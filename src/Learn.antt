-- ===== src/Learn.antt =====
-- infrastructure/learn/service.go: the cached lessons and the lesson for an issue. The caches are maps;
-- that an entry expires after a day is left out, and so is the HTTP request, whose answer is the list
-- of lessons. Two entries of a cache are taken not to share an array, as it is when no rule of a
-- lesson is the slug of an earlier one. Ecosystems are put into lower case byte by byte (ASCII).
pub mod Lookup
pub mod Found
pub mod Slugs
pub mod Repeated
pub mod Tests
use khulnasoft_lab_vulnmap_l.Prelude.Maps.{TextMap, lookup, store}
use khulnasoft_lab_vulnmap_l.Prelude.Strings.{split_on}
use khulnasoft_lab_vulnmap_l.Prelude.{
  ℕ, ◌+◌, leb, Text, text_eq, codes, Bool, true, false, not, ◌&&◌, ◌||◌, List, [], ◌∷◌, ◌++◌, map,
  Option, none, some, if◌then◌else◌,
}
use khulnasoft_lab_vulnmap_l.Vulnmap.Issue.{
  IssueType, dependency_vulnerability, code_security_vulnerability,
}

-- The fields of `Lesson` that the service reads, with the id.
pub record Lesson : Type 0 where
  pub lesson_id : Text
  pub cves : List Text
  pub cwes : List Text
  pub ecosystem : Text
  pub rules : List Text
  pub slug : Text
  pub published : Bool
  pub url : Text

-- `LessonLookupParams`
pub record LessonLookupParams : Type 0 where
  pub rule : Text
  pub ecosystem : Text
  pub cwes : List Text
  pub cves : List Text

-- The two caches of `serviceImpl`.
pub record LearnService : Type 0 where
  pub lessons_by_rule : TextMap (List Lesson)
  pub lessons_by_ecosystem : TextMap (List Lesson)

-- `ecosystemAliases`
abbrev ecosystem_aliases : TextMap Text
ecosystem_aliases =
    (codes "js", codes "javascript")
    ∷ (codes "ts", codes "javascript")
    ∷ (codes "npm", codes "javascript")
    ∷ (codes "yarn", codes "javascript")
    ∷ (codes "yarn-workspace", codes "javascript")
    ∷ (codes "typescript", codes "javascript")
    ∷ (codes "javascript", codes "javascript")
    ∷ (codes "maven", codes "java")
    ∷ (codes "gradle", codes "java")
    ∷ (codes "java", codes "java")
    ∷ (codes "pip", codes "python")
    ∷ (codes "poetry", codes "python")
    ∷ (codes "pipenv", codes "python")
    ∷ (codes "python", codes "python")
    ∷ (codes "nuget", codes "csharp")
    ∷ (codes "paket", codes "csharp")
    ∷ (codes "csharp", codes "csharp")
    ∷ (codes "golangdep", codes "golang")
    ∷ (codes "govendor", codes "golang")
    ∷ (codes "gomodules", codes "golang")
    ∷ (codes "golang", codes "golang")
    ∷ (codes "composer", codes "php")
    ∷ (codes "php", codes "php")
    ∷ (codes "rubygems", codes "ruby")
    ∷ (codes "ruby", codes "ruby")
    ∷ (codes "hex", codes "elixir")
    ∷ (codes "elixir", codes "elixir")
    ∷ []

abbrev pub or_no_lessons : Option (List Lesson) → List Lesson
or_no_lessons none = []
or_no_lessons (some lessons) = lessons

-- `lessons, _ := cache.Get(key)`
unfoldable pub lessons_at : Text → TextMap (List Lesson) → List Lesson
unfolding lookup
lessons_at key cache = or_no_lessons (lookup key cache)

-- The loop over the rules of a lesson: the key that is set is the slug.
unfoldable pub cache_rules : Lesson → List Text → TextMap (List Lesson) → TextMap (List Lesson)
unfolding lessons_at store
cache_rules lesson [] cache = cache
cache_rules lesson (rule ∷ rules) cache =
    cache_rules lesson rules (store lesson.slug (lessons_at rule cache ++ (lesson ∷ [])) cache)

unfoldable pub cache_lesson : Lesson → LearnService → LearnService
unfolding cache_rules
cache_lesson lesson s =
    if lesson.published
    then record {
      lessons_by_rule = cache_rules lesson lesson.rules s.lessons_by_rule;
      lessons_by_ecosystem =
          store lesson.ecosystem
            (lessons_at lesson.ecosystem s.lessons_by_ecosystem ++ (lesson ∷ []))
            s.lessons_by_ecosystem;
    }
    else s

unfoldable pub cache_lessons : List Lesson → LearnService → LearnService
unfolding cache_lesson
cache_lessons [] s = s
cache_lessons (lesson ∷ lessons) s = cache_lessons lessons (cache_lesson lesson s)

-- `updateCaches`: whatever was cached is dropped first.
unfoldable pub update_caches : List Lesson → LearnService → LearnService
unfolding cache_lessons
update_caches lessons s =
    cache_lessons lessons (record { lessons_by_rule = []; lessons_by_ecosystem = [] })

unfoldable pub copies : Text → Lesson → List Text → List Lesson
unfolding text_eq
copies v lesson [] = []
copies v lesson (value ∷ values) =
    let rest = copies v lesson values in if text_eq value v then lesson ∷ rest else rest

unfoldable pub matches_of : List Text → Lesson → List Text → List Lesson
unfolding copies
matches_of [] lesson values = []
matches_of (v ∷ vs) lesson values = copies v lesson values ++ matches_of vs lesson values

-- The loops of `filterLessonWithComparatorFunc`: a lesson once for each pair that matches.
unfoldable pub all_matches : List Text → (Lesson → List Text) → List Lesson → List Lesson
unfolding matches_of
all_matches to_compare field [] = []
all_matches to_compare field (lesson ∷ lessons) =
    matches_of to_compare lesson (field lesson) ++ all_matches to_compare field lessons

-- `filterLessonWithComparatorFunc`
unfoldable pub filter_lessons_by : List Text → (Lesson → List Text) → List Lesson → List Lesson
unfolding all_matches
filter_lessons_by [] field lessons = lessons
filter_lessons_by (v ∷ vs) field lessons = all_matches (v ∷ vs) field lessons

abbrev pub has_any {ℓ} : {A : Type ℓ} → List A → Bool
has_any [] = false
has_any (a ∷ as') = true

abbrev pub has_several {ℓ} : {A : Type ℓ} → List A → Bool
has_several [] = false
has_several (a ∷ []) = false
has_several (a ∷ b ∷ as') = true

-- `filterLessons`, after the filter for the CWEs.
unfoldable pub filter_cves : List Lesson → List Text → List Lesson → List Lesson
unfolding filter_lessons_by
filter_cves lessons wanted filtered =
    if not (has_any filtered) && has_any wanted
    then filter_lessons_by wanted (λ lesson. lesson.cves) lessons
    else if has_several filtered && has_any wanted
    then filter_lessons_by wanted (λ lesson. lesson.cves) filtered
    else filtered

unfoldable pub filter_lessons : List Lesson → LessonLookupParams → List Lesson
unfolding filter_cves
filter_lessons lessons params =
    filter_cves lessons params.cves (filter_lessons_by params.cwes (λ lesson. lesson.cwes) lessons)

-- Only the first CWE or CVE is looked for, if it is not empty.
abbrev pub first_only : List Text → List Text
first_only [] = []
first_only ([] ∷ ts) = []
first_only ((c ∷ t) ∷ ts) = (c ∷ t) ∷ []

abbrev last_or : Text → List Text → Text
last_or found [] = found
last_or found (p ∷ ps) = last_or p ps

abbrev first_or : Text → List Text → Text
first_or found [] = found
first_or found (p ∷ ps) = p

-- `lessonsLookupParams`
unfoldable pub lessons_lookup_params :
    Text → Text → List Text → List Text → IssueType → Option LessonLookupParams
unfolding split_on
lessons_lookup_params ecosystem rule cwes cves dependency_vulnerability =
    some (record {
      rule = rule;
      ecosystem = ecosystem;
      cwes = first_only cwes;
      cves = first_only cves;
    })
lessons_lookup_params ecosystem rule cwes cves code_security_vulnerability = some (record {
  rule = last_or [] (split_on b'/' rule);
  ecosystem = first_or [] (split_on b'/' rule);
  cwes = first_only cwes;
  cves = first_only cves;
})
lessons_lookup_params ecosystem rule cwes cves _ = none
◆ ◆ ◆
> **Requirement**
Everything above from the line containing "unfolding text_eq" down to the line containing "unfolding filter_lessons_by" should be copied exactly, both end lines included, and nothing else.

> **Answer below**
unfolding text_eq
copies v lesson [] = []
copies v lesson (value ∷ values) =
    let rest = copies v lesson values in if text_eq value v then lesson ∷ rest else rest

unfoldable pub matches_of : List Text → Lesson → List Text → List Lesson
unfolding copies
matches_of [] lesson values = []
matches_of (v ∷ vs) lesson values = copies v lesson values ++ matches_of vs lesson values

-- The loops of `filterLessonWithComparatorFunc`: a lesson once for each pair that matches.
unfoldable pub all_matches : List Text → (Lesson → List Text) → List Lesson → List Lesson
unfolding matches_of
all_matches to_compare field [] = []
all_matches to_compare field (lesson ∷ lessons) =
    matches_of to_compare lesson (field lesson) ++ all_matches to_compare field lessons

-- `filterLessonWithComparatorFunc`
unfoldable pub filter_lessons_by : List Text → (Lesson → List Text) → List Lesson → List Lesson
unfolding all_matches
filter_lessons_by [] field lessons = lessons
filter_lessons_by (v ∷ vs) field lessons = all_matches (v ∷ vs) field lessons

abbrev pub has_any {ℓ} : {A : Type ℓ} → List A → Bool
has_any [] = false
has_any (a ∷ as') = true

abbrev pub has_several {ℓ} : {A : Type ℓ} → List A → Bool
has_several [] = false
has_several (a ∷ []) = false
has_several (a ∷ b ∷ as') = true

-- `filterLessons`, after the filter for the CWEs.
unfoldable pub filter_cves : List Lesson → List Text → List Lesson → List Lesson
unfolding filter_lessons_by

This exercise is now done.